- [ACTION ITEM]
In the material below, the lines from the one containing "F Model) where" through the one containing "t.phase < 4)" are to be given again exactly, ends included, and no others.

- [GIVEN ENTRIES]
-- ===== src/Validator/Service/Cycle.antt =====
-- validator/service.py: the life cycle of windows that `run` walks through, as the miners see it in
-- `/state`, and that no answer from outside stops it.
use subnet.Base.{
  Option-cases, ℕ, String, ◌+◌, ◌<◌, Bool, false, Option, none, List, ◌∷◌, length, leb, ◌≡◌, ◌⊎◌,
  inl, inr, refl, sym, ap, subst, ◌∙◌, arith, Bool-cases,
}
use subnet.Base.Float.{Float}
use subnet.Protocol.Constants.{b_batch}
use subnet.Protocol.Reason.{WindowState}
use subnet.Validator.Accepted.{ValidSubmission}
use subnet.Validator.Ema.{update_ema}
use subnet.Validator.Batcher.State.{seal_batch}
use subnet.Validator.Server.Stamps.{stamp, get_elem?-map, submit-face, work-face}
use subnet.Validator.Service
use subnet.Validator.Service.{Service, Config, Phase}
use subnet.Validator.Service.Coherence.{Coherent, StandsAt}
use subnet.Validator.Service.Steps.{
  Advance, Serve, Step, opens, randomizes, seals, publishes, archives, weighs, fails, submits,
  works, advance, serve,
}

-- The state and the window that the validator announces, and how they may change: a window is
-- opened after the last one, sealed or given up, and finished.
pub data Cycle (a b : WindowState × ℕ) : Type 0 where
  stays : b ≡ a → Cycle a b
  opens_next : a.0 ≡ WindowState.ready → b ≡ (WindowState.open_window, a.1 + 1) → Cycle a b
  seals_it : a.0 ≡ WindowState.open_window → b ≡ (WindowState.publishing, a.1) → Cycle a b
  gives_up : a.0 ≡ WindowState.open_window → b ≡ (WindowState.ready, a.1) → Cycle a b
  finishes : a.0 ≡ WindowState.publishing → b ≡ (WindowState.ready, a.1) → Cycle a b

-- The awaits that are left before the next window.
abbrev pub rank : {F : Type 0} → Phase F → ℕ
rank Phase.between = 0
rank Phase.weighing = 1
rank (Phase.archiving _) = 2
rank (Phase.publishing _ _) = 3
rank Phase.accepting = 4
rank Phase.opened = 5

module _ {F Model : Type 0} where
  abbrev pub announced : Service F Model → WindowState × ℕ
  announced s = (s.server.current_state, s.window_n)

  current_state :
      (s : Service F Model) → Coherent s → s.server.current_state ≡ s.current_window_state
  current_state s c = ap (λ v. v.1) c.mirrors

module _ {F Model : Type 0} (fl : Float F) (config : Config F Model) where
  -- What sealing leads to: the upload, or the end of the window.
  abbrev pub Sealed : Service F Model → Service F Model → Type 0
  Sealed s t =
      (t.window_n ≡ s.window_n)
      × (rank t.phase < 4)
      × ((t.server.current_state ≡ WindowState.publishing)
          ⊎ (t.server.current_state ≡ WindowState.ready))

  abort-Sealed : (s : Service F Model) → Sealed s (Service.abort s)
  unfolding Service.abort
  abort-Sealed s = (refl, omega arith, inr refl)

  train_window-Sealed :
      (s : Service F Model) (batch : List (ValidSubmission F))
      → Sealed s (Service.train_window fl config batch s)
  unfolding Service.train_window Service.abort
  train_window-Sealed s batch = elim (Bool-cases (leb b_batch (length batch))) [
    | inr partial ↦ rw (partial, Service.train_window) (refl, omega arith, inl refl)
    | inl full ↦ elim (Bool-cases (config.train_step s.model batch s.window_n).1) [
      | inl done ↦ rw (full, done, Service.train_window) (refl, omega arith, inl refl)
      | inr raised ↦ rw (full, raised, Service.train_window) (abort-Sealed s)
    ]
  ]

  seal_and_train-Sealed :
      (s : Service F Model)
      → StandsAt s Phase.accepting
      → Sealed s (Service.seal_and_train fl config s)
  unfolding Service.seal_and_train Service.seal_window
  seal_and_train-Sealed s (state, (i, active, at)) =
      let (b, inside, _) =
        get_elem?-map stamp s.batchers i (s.window_n, Service.revision_of s.manifest) at in
      elim (Option-cases (seal_batch (config.world s.model) s.cooldown_map b)) [
        | inl raised ↦
            rw (active, inside, raised, Service.seal_and_train, Service.seal_window)
              (abort-Sealed s)
        | inr (r, sealed) ↦
            rw (active, inside, sealed, Service.seal_and_train, Service.seal_window)
              (train_window-Sealed
                (record (Service.set_state WindowState.training s) {
                  cooldown_map = r.1;
                  miner_scores_ema = update_ema fl (Service.hotkeys r.0) s.miner_scores_ema;
                  sealed = (b.window_start, r.0) ∷ s.sealed;
                })
                r.0)
      ]

  publish-announced :
      (revision : Option String) (batch : List (ValidSubmission F)) (trained : Bool)
      (s : Service F Model)
      → (announced (Service.publish fl config revision batch trained s) ≡ announced s)
        × ((Service.publish fl config revision batch trained s).phase ≡ Phase.archiving batch)
  unfolding Service.publish
  publish-announced revision batch trained s = ground arith

  Serve-announced :
      {s t : Service F Model}
      → Serve fl config s t
      → (announced t ≡ announced s) × (t.phase ≡ s.phase)
  unfolding Service.handle_submit Service.handle_work
  Serve-announced {s} (submits now r e) =
      let (same, _) = submit-face (config.world s.model) s.cooldown_map now r s.server s.batchers in
      rw e (ap (λ v. (v.1, s.window_n)) same, refl)
  Serve-announced {s} (works now e) =
      let (same, _) = work-face (config.world s.model) s.cooldown_map now s.server s.batchers in
      rw e (ap (λ v. (v.1, s.window_n)) same, refl)

  -- Every step of the service or of its server is a step of the announced life cycle, or shows
  -- nothing: windows are opened one after the other, each only after the last one has ended.
  pub Step-Cycle :
      {s t : Service F Model} → Coherent s → Step fl config s t → Cycle (announced s) (announced t)
  unfolding Service.open_window Service.set_window_randomness Service.archive_window Service.weigh
      Service.abort
  Step-Cycle c (serve a) = stays (Serve-announced a).0
  Step-Cycle {s} c (advance (opens p e)) =
      let stands = subst (StandsAt s) p c.stands in
      opens_next (current_state s c ∙ stands.0) (rw e refl)
  Step-Cycle {s} c (advance (randomizes randomness p e)) = stays (rw e refl)
  Step-Cycle {s} c (advance (seals p e)) =
      let (state, stamped) = subst (StandsAt s) p c.stands in
      let (window, _, shows) = seal_and_train-Sealed s (state, stamped) in
      let was = current_state s c ∙ state in
      elim shows [
        | inl publishing ↦ seals_it was (rw e (ground arith))
        | inr ready ↦ gives_up was (rw e (ground arith))
      ]
  Step-Cycle {s} c (advance (publishes batch trained revision p e)) =
      stays (rw e (publish-announced revision batch trained s).0)
  Step-Cycle {s} c (advance (archives batch uploaded p e)) =
      finishes (current_state s c ∙ (subst (StandsAt s) p c.stands).0) (rw e refl)
  Step-Cycle {s} c (advance (weighs block uids submitted p e)) = stays (rw e refl)
  Step-Cycle {s} c (advance (fails p e)) = elim p [
    | inl open_phase ↦
        gives_up (current_state s c ∙ (subst (StandsAt s) open_phase c.stands).0) (rw e refl)
    | inr weighing_phase ↦ stays (
        rw e (
          ap (λ v. (v, s.window_n))
            (sym (current_state s c ∙ (subst (StandsAt s) weighing_phase c.stands).0))))
  ]

  Phase-Advance :
      (s : Service F Model) (phase : Phase F)
      → s.phase ≡ phase
      → (t : Service F Model) × Advance fl config s t
  Phase-Advance s Phase.between p = (Service.open_window s, opens p refl)
  Phase-Advance s Phase.opened p = (Service.abort s, fails (inl p) refl)
  Phase-Advance s Phase.accepting p = (Service.seal_and_train fl config s, seals p refl)
  Phase-Advance s Phase.weighing p = (Service.abort s, fails (inr p) refl)
  Phase-Advance s (Phase.publishing batch trained) p =
      (Service.publish fl config none batch trained s, publishes batch trained none p refl)
  Phase-Advance s (Phase.archiving batch) p =
      (Service.archive_window fl config false batch s, archives batch false p refl)

  -- The next window is opened, or nearer.
  abbrev pub Closer : Service F Model → Service F Model → Type 0
  Closer s t =
      ((s.phase ≡ Phase.between) × (t.phase ≡ Phase.opened) × (t.window_n ≡ s.window_n + 1))
      ⊎ ((rank t.phase < rank s.phase) × (t.window_n ≡ s.window_n))

  Advance-Closer : {s t : Service F Model} → Coherent s → Advance fl config s t → Closer s t
  unfolding Service.open_window Service.set_window_randomness Service.archive_window Service.weigh
      Service.abort
  Advance-Closer {s} c (opens p e) = inl (p, rw e refl, rw e refl)
  Advance-Closer {s} c (randomizes randomness p e) = inr (rw (e, p) (omega arith), rw e refl)
  Advance-Closer {s} {t} c (seals p e) =
      let (window, less, _) = seal_and_train-Sealed s (subst (StandsAt s) p c.stands) in
      inr (subst (λ k. rank t.phase < k) (sym (ap rank p)) (rw e less), rw e window)
  Advance-Closer {s} c (publishes batch trained revision p e) =
      let (shown, archiving) = publish-announced revision batch trained s in
      inr (rw (e, archiving, p) (omega arith), rw e (ap (λ v. v.1) shown))
  Advance-Closer {s} c (archives batch uploaded p e) = inr (rw (e, p) (omega arith), rw e refl)
  Advance-Closer {s} c (weighs block uids submitted p e) = inr (rw (e, p) (omega arith), rw e refl)
  Advance-Closer {s} c (fails p e) = elim p [
    | inl q ↦ inr (rw (e, q) (omega arith), rw e refl)
    | inr q ↦ inr (rw (e, q) (omega arith), rw e refl)
  ]

  -- What a step brings: the coroutine's comes closer, the server's changes neither the phase nor
  -- the window.
  abbrev pub Progress : {s t : Service F Model} → Step fl config s t → Type 0
  Progress {s} {t} (advance _) = Closer s t
  Progress {s} {t} (serve _) = (t.phase ≡ s.phase) × (t.window_n ≡ s.window_n)

  -- The coroutine can go on after every step, and each of its steps, whatever the outside answers,
  -- opens the next window if none is open and else comes closer to that: the rank, at most 5,
  -- falls. The server's steps change neither the phase nor the window. So six steps of the
  -- coroutine suffice, from anywhere, to open the next window.
  pub Step-Progress :
      {s t : Service F Model} (step : Step fl config s t)
      → Coherent s
      → Progress step × ((u : Service F Model) × Advance fl config t u)
  Step-Progress {s} {t} (advance a) c = (Advance-Closer c a, Phase-Advance t t.phase refl)
  Step-Progress {s} {t} (serve a) c =
      let (shown, phase) = Serve-announced a in
      ((phase, ap (λ v. v.1) shown), Phase-Advance t t.phase refl)
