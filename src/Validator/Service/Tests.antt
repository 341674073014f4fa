-- ===== src/Validator/Service/Tests.antt =====
-- The theorems on the service at a short run: window 3 is opened after window 2, a request for it
-- arrives and is judged, and the window is sealed.
use subnet.Base.{map, ◌∷◌, none, ℕ, ℤ, pos, some, List, [], ◌++◌, In, ◌≡◌, inl, inr, refl, ap}
use subnet.Samples.{fixed}
use subnet.Protocol.Samples.{request}
use subnet.Validator.Accepted.{ValidSubmission}
use subnet.Validator.Service
use subnet.Validator.Service.{Service, Config}
use subnet.Validator.Service.Samples.{
  history, restored, config, manifest, started, accepting, accepting-Reach, accepting-Coherent,
}
use subnet.Validator.Service.Steps.{
  Advance, Reach, opens, randomizes, seals, submits, works, advance, serve, here, next,
}
use subnet.Validator.Service.Coherence.{Coherent, Reach-start}
use subnet.Validator.Service.Replies.{expected_reply, expected_queue, handle_submit-Coherent}
use subnet.Validator.Service.Cycle.{Cycle, Progress, announced, Step-Cycle, Step-Progress}
use subnet.Validator.Service.Spacing.{Spaced}
use subnet.Validator.Service.Spacing.Restart.{archived}
use subnet.Validator.Service.Boot.{External, boot, boot-Spaced, cooldown_windows}

abbrev queued : Service ℤ ℕ
queued = (Service.handle_submit fixed config (pos 5) request accepting).1

abbrev judged : Service ℤ ℕ
judged = Service.handle_work fixed config (pos 6) queued

abbrev sealed : Service ℤ ℕ
sealed = Service.seal_and_train fixed config judged

seals_judged : Advance fixed config judged sealed
unfolding Service.open_window Service.set_window_randomness Service.handle_submit
    Service.handle_work
seals_judged = seals refl refl

sealed-Reach : Reach fixed config started sealed
sealed-Reach =
    next
      (next (next accepting-Reach (serve (submits (pos 5) request refl)))
        (serve (works (pos 6) refl)))
      (advance seals_judged)

Reach-start_example : Coherent sealed
Reach-start_example = Reach-start fixed config 0 restored 2 1 [] (some manifest) 100 sealed-Reach

judged-Coherent : Coherent judged
judged-Coherent = Reach-start fixed config 0 restored 2 1 [] (some manifest) 100 (
    next (next accepting-Reach (serve (submits (pos 5) request refl))) (serve (works (pos 6) refl)))

handle_submit-Coherent_example :
    ((Service.handle_submit fixed config (pos 5) request accepting).0
      ≡ expected_reply request accepting)
    × ((Service.handle_submit fixed config (pos 5) request accepting).1.server.submit_queue
        ≡ expected_queue request accepting)
    × ((Service.handle_submit fixed config (pos 5) request accepting).1.batchers
        ≡ accepting.batchers)
handle_submit-Coherent_example =
    handle_submit-Coherent fixed config (pos 5) request accepting accepting-Coherent

Step-Cycle_example : Cycle (announced judged) (announced sealed)
Step-Cycle_example = Step-Cycle fixed config judged-Coherent (advance seals_judged)

Step-Progress_example :
    Progress fixed config (advance seals_judged)
    × ((u : Service ℤ ℕ) × Advance fixed config sealed u)
Step-Progress_example = Step-Progress fixed config (advance seals_judged) judged-Coherent

-- R2 lists windows 1 and 2; window 2's batch is the history; HF and the chain fail.
abbrev outside : External
outside = record {
  window_keys = some (1 ∷ 2 ∷ []);
  commit_titles = none;
  score_archives = none;
  cooldown_archives = some (map archived history);
  current_block = none;
}

abbrev booted : Service ℤ ℕ
booted = boot fixed config 0 none outside

history_listed :
    (w : ℕ) (batch : List (ValidSubmission ℤ)) → In (w, batch) history → In w (1 ∷ 2 ∷ [])
history_listed w batch (inl e) = inr (inl (ap (λ v. v.0) e))
history_listed w batch (inr nothing) = absurd nothing

abbrev boot_accepting : Service ℤ ℕ
boot_accepting = Service.set_window_randomness "0aff" (Service.open_window booted)

boot_sealed-Reach : Reach fixed config booted (Service.seal_and_train fixed config boot_accepting)
unfolding boot Service.open_window Service.set_window_randomness
boot_sealed-Reach =
    next (next (next here (advance (opens refl refl))) (advance (randomizes "0aff" refl refl)))
      (advance (seals refl refl))

boot-Spaced_example :
    Spaced cooldown_windows ((Service.seal_and_train fixed config boot_accepting).sealed ++ history)
boot-Spaced_example =
    boot-Spaced fixed config 0 none outside (1 ∷ 2 ∷ []) history refl refl history_listed
      ((λ v old p nothing. absurd nothing), tt) boot_sealed-Reach
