-- ===== src/Validator/Verifier/Layouts.antt =====
-- The two layouts of the claimed logprobs in `verify_logprobs_claim`.
use subnet.Base.{
  ℕ, zero, suc, ◌+◌, ◌-◌, ◌≤◌, ◌<◌, ℤ, true, false, Option, some, List, [], ◌∷◌, ◌++◌, ◌==◌, nat_eq,
  String, ltb, length, length-append, get_elem?, ◌≡◌, inl, inr, refl, ap, arith, All, All-In,
  All-of_In, Bool-cases, ◌∙◌,
}
use subnet.Base.Float.{Float}
use subnet.Base.Text.{codes}
use subnet.Protocol.Constants.{challenge_k}
use subnet.Protocol.Bytes.{Bytes, clean_hex, from_hex}
use subnet.Protocol.Crypto.{Hashes, Rng}
use subnet.Protocol.Crypto.Indices.{IsRng, indices_from_root_in_range_total}
use subnet.Protocol.Grail.{Logits}
use subnet.Validator.Verifier.Defs.{
  deviations, claimed_at, challenge_logprobs, verify_logprobs_claim,
}

module _ {F : Type 0} (fl : Float F) where
  get_elem?-append_right :
      (xs ys : List F) (i : ℕ)
      → length xs ≤ i
      → get_elem? (xs ++ ys) i ≡ get_elem? ys (i - length xs)
  get_elem?-append_right [] ys i h = ap (get_elem? ys) (omega arith)
  get_elem?-append_right (x ∷ xs) ys zero h = absurd (omega arith)
  get_elem?-append_right (x ∷ xs) ys (suc i) h =
      get_elem?-append_right xs ys i (omega arith) ∙ ap (get_elem? ys) (omega arith)

  -- The loop looks at the claims only at the challenged positions.
  deviations_agree :
      (tokens : List ℤ) (f g : ℕ → Option F) (logits : Logits F) (idxs : List ℕ)
      → All (λ i. f i ≡ g i) idxs
      → deviations fl tokens f logits idxs ≡ deviations fl tokens g logits idxs
  unfolding deviations
  deviations_agree tokens f g logits [] a = refl
  deviations_agree tokens f g logits (i ∷ idxs) a =
      rw (a.0, deviations_agree tokens f g logits idxs a.1)

  claimed_at_full :
      (tokens : List ℤ) (p c : ℕ) (claimed : List F)
      → length claimed ≡ length tokens
      → claimed_at fl tokens p c claimed ≡ some (λ i. get_elem? claimed i)
  unfolding claimed_at
  claimed_at_full tokens p c claimed e =
      let same : (length claimed == length tokens) ≡ true = ground arith in rw same

  claimed_at_completion :
      (tokens : List ℤ) (p c : ℕ) (claimed : List F)
      → length claimed < length tokens
      → length claimed ≡ c
      → claimed_at fl tokens p c claimed ≡ some (λ i. get_elem? claimed (i - p))
  unfolding claimed_at
  claimed_at_completion tokens p c claimed less e =
      let other : (length claimed == length tokens) ≡ false = ground arith in
      let same : (length claimed == c) ≡ true = ground arith in rw (other, same)

  module _ (h : Hashes) (rng : Rng) (good : IsRng rng) where
    challenge_logprobs_agree :
        (tokens : List ℤ) (p c : ℕ) (f g : ℕ → Option F) (logits : Logits F) (randomness : String)
        {seed : Bytes}
        → 0 < length tokens
        → 0 < length (clean_hex (codes randomness))
        → from_hex (clean_hex (codes randomness)) ≡ some seed
        → 0 < c
        → ((i : ℕ) → p ≤ i → f i ≡ g i)
        → challenge_logprobs fl h rng tokens p c f logits randomness
          ≡ challenge_logprobs fl h rng tokens p c g logits randomness
    unfolding challenge_logprobs
    challenge_logprobs_agree tokens p c f g logits randomness {seed} t x parsed pc same =
        let (idxs, chosen, ch) =
          indices_from_root_in_range_total fl h rng good tokens randomness p (p + c) challenge_k
            {seed = seed} t x parsed (omega arith) (omega arith) in
        rw (
          chosen,
          deviations_agree tokens f g logits idxs (
              All-of_In (λ i. f i ≡ g i) idxs
                (λ i inside. same i (All-In _ idxs ch.in_range inside).0)),
        )

    -- A miner may send the logprobs of the whole sequence or of the completion alone: for the
    -- same completion, whatever stands at the prompt's positions, the verdict and the deviation
    -- are the same.
    pub verify_logprobs_claim_layouts :
        (tokens : List ℤ) (prompt completion : List F) (logits : Logits F) (randomness : String)
        {seed : Bytes}
        → length prompt + length completion ≡ length tokens
        → 0 < length (clean_hex (codes randomness))
        → from_hex (clean_hex (codes randomness)) ≡ some seed
        → verify_logprobs_claim fl h rng tokens
            (length prompt)
            (length completion)
            (prompt ++ completion)
            logits
            randomness
          ≡ verify_logprobs_claim fl h rng tokens
              (length prompt)
              (length completion)
              completion
              logits
              randomness
    unfolding verify_logprobs_claim
    verify_logprobs_claim_layouts tokens [] completion logits randomness sizes x parsed = refl
    verify_logprobs_claim_layouts tokens (q ∷ ps) completion logits randomness {seed} sizes x
          parsed =
        elim (Bool-cases (ltb (length completion) challenge_k)) [
          | inl short ↦ rw short
          | inr enough ↦
              let p = suc (length ps) in
              let c = length completion in
              let full =
                claimed_at_full tokens p c (q ∷ (ps ++ completion))
                  (omega (arith, length-append ps completion)) in
              let part = claimed_at_completion tokens p c completion (omega arith) refl in
              rw (enough, full, part)
                (challenge_logprobs_agree tokens p c (λ i. get_elem? (q ∷ (ps ++ completion)) i)
                  (λ i. get_elem? completion (i - p)) logits randomness {seed = seed} (omega arith)
                  x parsed (ground arith) (λ i le. get_elem?-append_right (q ∷ ps) completion i le))
        ]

- [RESULT OF THIS EXERCISE]
module _ {F Model : Type 0} (fl : Float F) (config : Config F Model) where
  -- What sealing leads to: the upload, or the end of the window.
  abbrev pub Sealed : Service F Model → Service F Model → Type 0
  Sealed s t =
      (t.window_n ≡ s.window_n)
      × (rank t.phase < 4)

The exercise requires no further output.